EXTRACTED MATERIAL:
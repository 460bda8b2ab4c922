-- ===== src/Memory/Fresh.antt =====
-- efiperun.cpp: `register_memory` of a range that no interval meets.
use efiperun_mod.Prelude.{ℕ, ◌≡◌, ◌≤◌, ◌<◌, refl, ltb, none, some, arith, Bool-cases, inl, inr}
use efiperun_mod.RangeMap.{Map}
use efiperun_mod.RangeMap.Insert.{Updates}
use efiperun_mod.RangeMap.Replace.{erase_range_empty, insert_empty}
use efiperun_mod.Memory.{
  MemoryMap, MemoryBlock, string_eq, point, block_end, insert_block, register_memory,
}
use efiperun_mod.Memory.Register.{register_memory-Updates}
use efiperun_mod.RangeMap.Intervals.{view, IsFrom}
use efiperun_mod.RangeMap.Overhang.{overhangs-eq-false}

-- no point from `l` to below `r` has a value
abbrev pub IsFree {ℓ} : {V : Type ℓ} → ℕ → ℕ → Map V → Type ℓ
IsFree l r m = (q : ℕ) → l ≤ q → q < r → view m q ≡ none

-- Registering an empty block changes nothing.
pub register_empty :
    (block : MemoryBlock) (m : MemoryMap)
    → block_end block ≤ point block.start
    → register_memory block m ≡ some m
unfolding register_memory insert_block
register_empty block m h =
    rw
      (
        erase_range_empty (point block.start) (block_end block) m h,
        insert_empty (point block.start) (block_end block) block.name m h,
      )
      refl

-- A block of memory without owners gets its name as the owner.
pub register_free :
    (block : MemoryBlock) (m : MemoryMap)
    → IsFrom 0 m
    → IsFree (point block.start) (block_end block) m
    → (m' : MemoryMap) × (register_memory block m ≡ some m')
      × Updates (point block.start) (block_end block) (some block.name) m m'
register_free block m f free =
    let l = point block.start in
    let r = block_end block in
    elim (Bool-cases (ltb l r)) [
      | inl t ↦
          register_memory-Updates block m f (ground arith)
            (overhangs-eq-false l r m (ground arith) (free l (omega arith) (ground arith)))
      | inr t ↦ (
        m,
        register_empty block m (ground arith),
        record { ordered = f; reads = λ q. ground arith },
      )
    ]
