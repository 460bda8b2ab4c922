-- ===== src/RangeMap/Placed.antt =====
-- range_map.hpp: where `insert` puts a new interval, and which ranges it overhangs.
use mathlib.Core.Path.{subst}
use efiperun_mod.Prelude.{
  ℕ, ◌+◌, ◌≡◌, ◌≤◌, ◌<◌, refl, sym, ◌∙◌, false, Option, none, some, List, ◌∷◌, ltb, leb, arith, inl,
  inr, Bool-cases, Eq,
}
use efiperun_mod.RangeMap.{
  Entry, Map, Place, Iter, entry, rejoin, lower_bound, locate, insert, insert_at, ends_before,
}
use efiperun_mod.RangeMap.Intervals.{
  view, IsFrom, IsUpto, IsLowerBound, bound, IsUpto-mono, IsFrom-mono, lower_bound-IsLowerBound,
}
use efiperun_mod.RangeMap.Lookup.{Located, locate-Located, view-Holds}
use efiperun_mod.RangeMap.Insert.{Meets-after, IsFrom-ends_before, map_emplace-gap, bound_le}
use efiperun_mod.RangeMap.Intervals.{within_bounds}
use efiperun_mod.RangeMap.Erase.{overhangs}
use efiperun_mod.RangeMap.Overhang.{overhangs_before, overhangs_later}

module _ {ℓ} {V : Type ℓ} where
  -- the entry stands in the map, between those that end before it and those that start after it
  pub record HasEntry (e : Entry V) (m : Map V) : Type ℓ where
    pub b : List (Entry V)
    pub a : List (Entry V)
    pub whole : rejoin b (e ∷ a) ≡ m
    pub upto : IsUpto e.left b
    pub rest : IsFrom e.right a

  -- no point from `l` to below `r` has a value
  abbrev IsEmpty : ℕ → ℕ → Map V → Type ℓ
  IsEmpty l r m = (q : ℕ) → l ≤ q → q < r → view m q ≡ none

  insert_at-HasEntry :
      (l r : ℕ) (v : V) (m : Map V)
      → l < r
      → IsEmpty l r m
      → (w : Option (Place V)) (i : Iter V) → Located l m w
      → IsLowerBound l m i
      → HasEntry (entry l r v) (insert_at l r v m w i).0
  unfolding insert_at
  insert_at-HasEntry l r v m lt free (some w) i h k =
      absurd (cc (view-Holds l m w h, free l (omega arith) lt))
  insert_at-HasEntry l r v m lt free none (b, a) h k = elim (Bool-cases (ends_before r a)) [
    | inl t ↦
        let upto = IsUpto-mono (bound b) l b (bound_le l m b a k h) k.upto in
        let rest = IsFrom-ends_before (bound b) r a k.rest t in
        rw t (record {
          b = b;
          a = a;
          whole = sym (map_emplace-gap l r v b a lt upto rest) ∙ rw k.whole refl;
          upto = upto;
          rest = rest;
        })
    | inr t ↦
        let (q, x, at, found) = Meets-after l r m b a k t in
        let (lo, hi) = within_bounds l r q at in absurd (cc (found, free q lo hi))
  ]

  -- On a range where no point has a value `insert` puts one new interval into the map.
  pub insert-HasEntry :
      (l r : ℕ) (v : V) (m : Map V)
      → IsFrom 0 m
      → l < r
      → ((q : ℕ) → l ≤ q → q < r → view m q ≡ none)
      → HasEntry (entry l r v) (insert l r v m).0
  unfolding insert
  insert-HasEntry l r v m f lt free =
      let late : leb r l ≡ false = ground arith in
      rw late (
        insert_at-HasEntry l r v m lt free (locate l (lower_bound l m)) (lower_bound l m)
          (locate-Located l m f) (lower_bound-IsLowerBound l m f))

module _ {V : Type 0} ⦃veq : Eq V⦄ where
  -- a range that starts where the entry starts is overhung where it ends before the entry
  pub overhangs-HasEntry :
      (e : Entry V) (r : ℕ) (m : Map V)
      → HasEntry e m
      → e.left < e.right
      → overhangs e.left r m ≡ ltb r e.right
  overhangs-HasEntry e r m h lt =
      subst (λ k. overhangs e.left r k ≡ ltb r e.right) h.whole
        (overhangs_before e.left r h.b (e ∷ h.a) h.upto
          ∙ here (
              overhangs_later e.left r h.a
                (IsFrom-mono e.right (e.left + 1) h.a (omega arith) h.rest)))
    where
      here : overhangs e.left r h.a ≡ false → overhangs e.left r (e ∷ h.a) ≡ ltb r e.right
      here later = unfold overhangs in ground arith
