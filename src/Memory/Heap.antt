-- ===== src/Memory/Heap.antt =====
-- efiperun.cpp: `wrapped_mmap`, through which the allocator and the loader get their memory.

use efiperun_mod.Prelude.{
  ℕ, ◌+◌, ◌%◌, ◌^◌, ◌≡◌, ◌<◌, refl, ◌∙◌, ◌==◌, true, if◌then◌else◌, Option, none, some, not_zero,
  arith,
}
use efiperun_mod.RangeMap.{entry, insert}
use efiperun_mod.RangeMap.Intervals.{IsFrom}
use efiperun_mod.RangeMap.Erase.{overhangs, erase_range-Updates}
use efiperun_mod.RangeMap.Overhang.{overhangs-eq-false}
use efiperun_mod.RangeMap.Insert.{Updates, insert-IsInserted}
use efiperun_mod.RangeMap.Replace.{inserted_over}
use efiperun_mod.RangeMap.Placed.{HasEntry, insert-HasEntry, overhangs-HasEntry}
use efiperun_mod.Memory.{
  MemoryMap, MemoryBlock, string_eq, point, block_end, insert_block, register_memory,
}
use efiperun_mod.Memory.Fresh.{IsFree}

abbrev pub with_result : Option ℕ → Option MemoryMap → Option (Option ℕ × MemoryMap)
with_result p none = none
with_result p (some m) = some (p, m)

-- the point behind `length` bytes from `p` on
abbrev pub region_end : ℕ → ℕ → ℕ
region_end p length = point ((length + p) % 2 ^ 64)

-- the pages that `mmap` has given out
abbrev pub chunk : ℕ → ℕ → MemoryBlock
chunk p length = record { start = p; size = length; name = "JEMALLOC_HEAP" }

-- `wrapped_mmap`, on what `mmap` returns: `MAP_FAILED` is `none`
unfoldable pub wrapped_mmap : Option ℕ → ℕ → MemoryMap → Option (Option ℕ × MemoryMap)
wrapped_mmap none length m = some (none, m)
wrapped_mmap (some p) length m =
    if p == 0 then some (some p, m) else with_result (some p) (register_memory (chunk p length) m)

pub chunk_lt : (p length : ℕ) → 0 < length → p + length < 2 ^ 63 → point p < region_end p length
unfolding point
chunk_lt p length h u = omega arith

-- Over a well-formed map, where mmap gives out one or more bytes of user memory that have no owner,
-- and not at the address 0, wrapped_mmap makes JEMALLOC_HEAP the owner of exactly these bytes, by one
-- new interval, and keeps the map well-formed.
pub wrapped_mmap-Updates :
    (p length : ℕ) (m : MemoryMap)
    → IsFrom 0 m
    → 0 < p
    → 0 < length
    → p + length < 2 ^ 63
    → IsFree (point p) (region_end p length) m
    → (m' : MemoryMap) × (wrapped_mmap (some p) length m ≡ some (some p, m'))
      × Updates (point p) (region_end p length) (some "JEMALLOC_HEAP") m m'
      × HasEntry (entry (point p) (region_end p length) "JEMALLOC_HEAP") m'
unfolding wrapped_mmap register_memory insert_block block_end
wrapped_mmap-Updates p length m f pos h user free =
    let l = point p in
    let r = region_end p length in
    let lt = chunk_lt p length h user in
    let (m1, run, u) =
      erase_range-Updates l r m f (overhangs-eq-false l r m lt (free l (omega arith) lt)) in
    let empty : IsFree l r m1 = λ q lo hi. u.reads q ∙ ground (arith, free q lo hi) in
    (
      (insert l r "JEMALLOC_HEAP" m1).0,
      rw (not_zero p pos, run) refl,
      inserted_over l r "JEMALLOC_HEAP" m m1 (insert l r "JEMALLOC_HEAP" m1) lt u
          (insert-IsInserted l r "JEMALLOC_HEAP" m1 u.ordered),
      insert-HasEntry l r "JEMALLOC_HEAP" m1 u.ordered lt empty,
    )

-- a shorter block at the start of the pages
pub overhangs-chunk :
    (p length size : ℕ) (m : MemoryMap)
    → HasEntry (entry (point p) (region_end p length) "JEMALLOC_HEAP") m
    → size < length
    → p + length < 2 ^ 63
    → overhangs (point p) (region_end p size) m ≡ true
overhangs-chunk p length size m e h u =
    let lt = chunk_lt p length (omega arith) u in
    let shorter : region_end p size < region_end p length = unfold point in omega arith in
    overhangs-HasEntry (entry (point p) (region_end p length) "JEMALLOC_HEAP") (region_end p size) m
      e lt
    ∙ ground arith
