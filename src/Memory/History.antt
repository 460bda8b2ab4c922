-- ===== src/Memory/History.antt =====
-- efiperun.cpp: the owners after a sequence of calls of `register_memory`.
use Prim.Native.String.{String}
use efiperun_mod.Prelude.{
  ℕ, ◌≡◌, ◌<◌, ◌^◌, refl, sym, ◌∙◌, false, if◌then◌else◌, Option, none, some, List, [], ◌∷◌,
}
use mathlib.Core.Path.{subst}
use mathlib.Core.Option.{some-injective}
use efiperun_mod.RangeMap.Intervals.{within, view, IsFrom}
use efiperun_mod.RangeMap.Insert.{Updates}
use efiperun_mod.RangeMap.Erase.{overhangs}
use efiperun_mod.Memory.{
  MemoryMap, MemoryBlock, string_eq, point, block_end, register_memory, lookup_memory,
}
use efiperun_mod.Memory.Register.{register_memory-Updates, Describes, lookup_memory-Describes}

-- a block that is not empty and does not wrap round, where no interval of the map starts at its
-- start and ends after its end
abbrev pub IsClear : MemoryBlock → MemoryMap → Type 0
IsClear block m =
    (point block.start < block_end block)
    × (overhangs (point block.start) (block_end block) m ≡ false)

-- `m` is what registering the blocks, the newest first, makes of the empty map.
pub data Reached : List MemoryBlock → MemoryMap → Type 0 where
  start : Reached [] []
  step :
      {blocks : List MemoryBlock} {m m' : MemoryMap} (block : MemoryBlock)
      → Reached blocks m
      → IsClear block m
      → register_memory block m ≡ some m'
      → Reached (block ∷ blocks) m'

-- the name of the newest block that holds the point
abbrev pub owner : List MemoryBlock → ℕ → Option String
owner [] q = none
owner (block ∷ blocks) q =
    let older = owner blocks q in
    if within (point block.start) (block_end block) q then some block.name else older

-- the map is well-formed and gives every point its owner
pub record IsTracked (blocks : List MemoryBlock) (m : MemoryMap) : Type 0 where
  pub ordered : IsFrom 0 m
  pub reads : (q : ℕ) → view m q ≡ owner blocks q

step-IsTracked :
    (block : MemoryBlock) (blocks : List MemoryBlock) (m m' : MemoryMap)
    → IsTracked blocks m
    → Updates (point block.start) (block_end block) (some block.name) m m'
    → IsTracked (block ∷ blocks) m'
step-IsTracked block blocks m m' t u = record {
  ordered = u.ordered;
  reads = λ q. u.reads q ∙ rw (t.reads q) refl;
}

reached-IsTracked :
    {blocks : List MemoryBlock} {m : MemoryMap} → Reached blocks m → IsTracked blocks m
reached-IsTracked start = record { ordered = tt; reads = λ q. unfold view in refl }
reached-IsTracked (step {blocks} {m} {m'} block r (lt, clear) run) =
    let t = reached-IsTracked r in
    let (m'', run', u) = register_memory-Updates block m t.ordered lt clear in
    step-IsTracked block blocks m m' t (
      subst (λ x. Updates (point block.start) (block_end block) (some block.name) m x)
        (some-injective m'' m' (sym run' ∙ run)) u)

-- In every state that registrations of clear blocks reach from the empty map, lookup_memory names
-- for each address the newest block that holds it, or the null block where none does; it gives as
-- start the start of the interval of the map that holds the address, and the address's offset from
-- there; and a further clear block can be registered.
pub lookup_memory-Reached :
    (blocks : List MemoryBlock) (m : MemoryMap)
    → Reached blocks m
    → ((addr : ℕ)
        → addr < 2 ^ 64
        → Describes addr m (owner blocks (point addr)) (lookup_memory addr m))
      × ((block : MemoryBlock)
          → IsClear block m
          → (m' : MemoryMap) × (register_memory block m ≡ some m') × Reached (block ∷ blocks) m')
lookup_memory-Reached blocks m r =
    let t = reached-IsTracked r in
    (
      λ addr h.
          subst (λ o. Describes addr m o (lookup_memory addr m)) (t.reads (point addr))
            (lookup_memory-Describes addr m h t.ordered),
      λ block (lt, clear).
          let (m', run, u) = register_memory-Updates block m t.ordered lt clear in
          (m', run, step block r (lt, clear) run),
    )
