-- ===== src/Tests/Queues.antt =====
-- Two queues in one memory: nodes 1 and 2 in the first, node 3 in the second.
use wimp.Prelude.{
  ℕ, ◌+◌, ◌≡◌, refl, arith, Option, none, some, [], ◌∷◌, if◌then◌else◌, ◌==◌, ◌||◌, is_some,
  Option-cases, inl, inr,
}
use wimp.Memory.{Instr, Node, Store, IsFresh, release}
use wimp.Memory.Frame.{Item, has, Ends, Apart}
use wimp.Queue.{InstrQueue, success, add, pop, append_queue, prepend_queue, queue_free}
use wimp.Queue.Chain.{IsQueue}
use wimp.Queue.Ends.{AddResult, PopResult, add-AddResult, pop-PopResult}
use wimp.Queue.Splice.{Moved, append_queue-Moved, prepend_queue-Moved}
use wimp.Queue.Free.{Owned, has_block, queue_free-Cleared}

abbrev message_at : ℕ → Instr
message_at b = record { instruction = some b; instruction_bytes = 4 }

abbrev item : ℕ → Item
item a = record { at = a; instr = message_at (a + 10) }

abbrev node_at : ℕ → Option ℕ → Option Node
node_at a next = some (record { instr = message_at (a + 10); nextnode = next })

abbrev memory : Store
memory = record {
  node = λ a.
      if a == 1
      then node_at 1 (some 2)
      else (if a == 2
          then node_at 2 none
          else (if a == 3 then node_at 3 none else (if a == 4 then node_at 4 (some 1) else none)));
  block = λ b. if (b == 11) || (b == 12) then some (1 ∷ 2 ∷ 3 ∷ 4 ∷ []) else none;
  calls = [];
}

abbrev outgoing : InstrQueue
outgoing = record {
  nextnode = some 1;
  backnode = some 2;
  datamutex = 100;
  nextmutex = 101;
  lowpriomutex = 102;
}

abbrev incoming : InstrQueue
incoming = record {
  nextnode = some 3;
  backnode = some 3;
  datamutex = 200;
  nextmutex = 201;
  lowpriomutex = 202;
}

outgoing-IsQueue : IsQueue memory outgoing (item 1 ∷ item 2 ∷ [])
outgoing-IsQueue = record {
  front = refl;
  back = refl;
  linked = (refl, (refl, tt));
  distinct = (refl, (refl, tt));
}

incoming-IsQueue : IsQueue memory incoming (item 3 ∷ [])
incoming-IsQueue = record { front = refl; back = refl; linked = (refl, tt); distinct = (refl, tt) }

outgoing-incoming-Apart : Apart (item 1 ∷ item 2 ∷ []) (item 3 ∷ [])
outgoing-incoming-Apart a h = ground arith

-- One address is handed out, while it is free.
abbrev malloc_nine : Store → Option ℕ
malloc_nine s = if is_some (s.node 9) then none else some 9

malloc_nine-IsFresh : IsFresh malloc_nine
malloc_nine-IsFresh s p e = elim (Option-cases (s.node 9)) [
  | inl free ↦ (let nine : p ≡ 9 = cc (rw free at e) in rw (nine, free))
  | inr (n, used) ↦ cc (rw used at e)
]

add-AddResult_example :
    Ends
      (add malloc_nine outgoing (some 19) 4 memory)
      (AddResult memory outgoing (item 1 ∷ item 2 ∷ []) (message_at 19) (some 9))
add-AddResult_example =
    add-AddResult malloc_nine memory outgoing (item 1 ∷ item 2 ∷ []) (some 19) 4 malloc_nine-IsFresh
      outgoing-IsQueue

pop-PopResult_example :
    Ends (pop outgoing memory) (PopResult memory outgoing (item 1 ∷ item 2 ∷ []))
pop-PopResult_example = pop-PopResult memory outgoing (item 1 ∷ item 2 ∷ []) outgoing-IsQueue

append_queue-Moved_example :
    Ends (append_queue 2 (some outgoing) (some incoming) memory) (λ (result, q', from') t.
      (result ≡ success)
      × ((r : InstrQueue) × (f : InstrQueue) × (q' ≡ some r)
          × (from' ≡ some f)
          × Moved memory outgoing incoming (item 1 ∷ item 2 ∷ item 3 ∷ []) t r f))
append_queue-Moved_example =
    append_queue-Moved 2 memory outgoing incoming (item 1 ∷ item 2 ∷ []) (item 3 ∷ [])
      outgoing-IsQueue incoming-IsQueue outgoing-incoming-Apart (omega arith)

prepend_queue-Moved_example :
    Ends (prepend_queue 3 (some outgoing) (some incoming) memory) (λ (result, q', from') t.
      (result ≡ success)
      × ((r : InstrQueue) × (f : InstrQueue) × (q' ≡ some r)
          × (from' ≡ some f)
          × Moved memory incoming outgoing (item 3 ∷ item 1 ∷ item 2 ∷ []) t r f))
prepend_queue-Moved_example =
    prepend_queue-Moved 3 memory outgoing incoming (item 1 ∷ item 2 ∷ []) (item 3 ∷ [])
      outgoing-IsQueue incoming-IsQueue outgoing-incoming-Apart (omega arith)

outgoing-Owned : Owned memory (item 1 ∷ item 2 ∷ [])
outgoing-Owned = ((1 ∷ 2 ∷ 3 ∷ 4 ∷ [], refl), refl, ((1 ∷ 2 ∷ 3 ∷ 4 ∷ [], refl), refl, tt))

queue_free-Cleared_example : Ends (queue_free 3 outgoing memory) (λ _ t.
    ((a : ℕ) → t.node a ≡ (if has a (item 1 ∷ item 2 ∷ []) then none else memory.node a))
    × ((b : ℕ) → t.block b ≡ (if has_block b (item 1 ∷ item 2 ∷ []) then none else memory.block b))
    × (t.calls ≡ release 102 ∷ release 101 ∷ release 100 ∷ []))
queue_free-Cleared_example =
    queue_free-Cleared 3 memory outgoing (item 1 ∷ item 2 ∷ []) outgoing-IsQueue outgoing-Owned
      (omega arith)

BRIEF:
Could you retype exactly the lines above, starting at the line that contains "whole = sym" and ending at the line that contains "here : overhangs", and nothing more?

SOLUTION FOR THIS TASK:
          whole = sym (map_emplace-gap l r v b a lt upto rest) ∙ rw k.whole refl;
          upto = upto;
          rest = rest;
        })
    | inr t ↦
        let (q, x, at, found) = Meets-after l r m b a k t in
        let (lo, hi) = within_bounds l r q at in absurd (cc (found, free q lo hi))
  ]

  -- On a range where no point has a value `insert` puts one new interval into the map.
  pub insert-HasEntry :
      (l r : ℕ) (v : V) (m : Map V)
      → IsFrom 0 m
      → l < r
      → ((q : ℕ) → l ≤ q → q < r → view m q ≡ none)
      → HasEntry (entry l r v) (insert l r v m).0
  unfolding insert
  insert-HasEntry l r v m f lt free =
      let late : leb r l ≡ false = ground arith in
      rw late (
        insert_at-HasEntry l r v m lt free (locate l (lower_bound l m)) (lower_bound l m)
          (locate-Located l m f) (lower_bound-IsLowerBound l m f))

module _ {V : Type 0} ⦃veq : Eq V⦄ where
  -- a range that starts where the entry starts is overhung where it ends before the entry
  pub overhangs-HasEntry :
      (e : Entry V) (r : ℕ) (m : Map V)
      → HasEntry e m
      → e.left < e.right
      → overhangs e.left r m ≡ ltb r e.right
  overhangs-HasEntry e r m h lt =
      subst (λ k. overhangs e.left r k ≡ ltb r e.right) h.whole
        (overhangs_before e.left r h.b (e ∷ h.a) h.upto
          ∙ here (
              overhangs_later e.left r h.a
                (IsFrom-mono e.right (e.left + 1) h.a (omega arith) h.rest)))
    where
      here : overhangs e.left r h.a ≡ false → overhangs e.left r (e ∷ h.a) ≡ ltb r e.right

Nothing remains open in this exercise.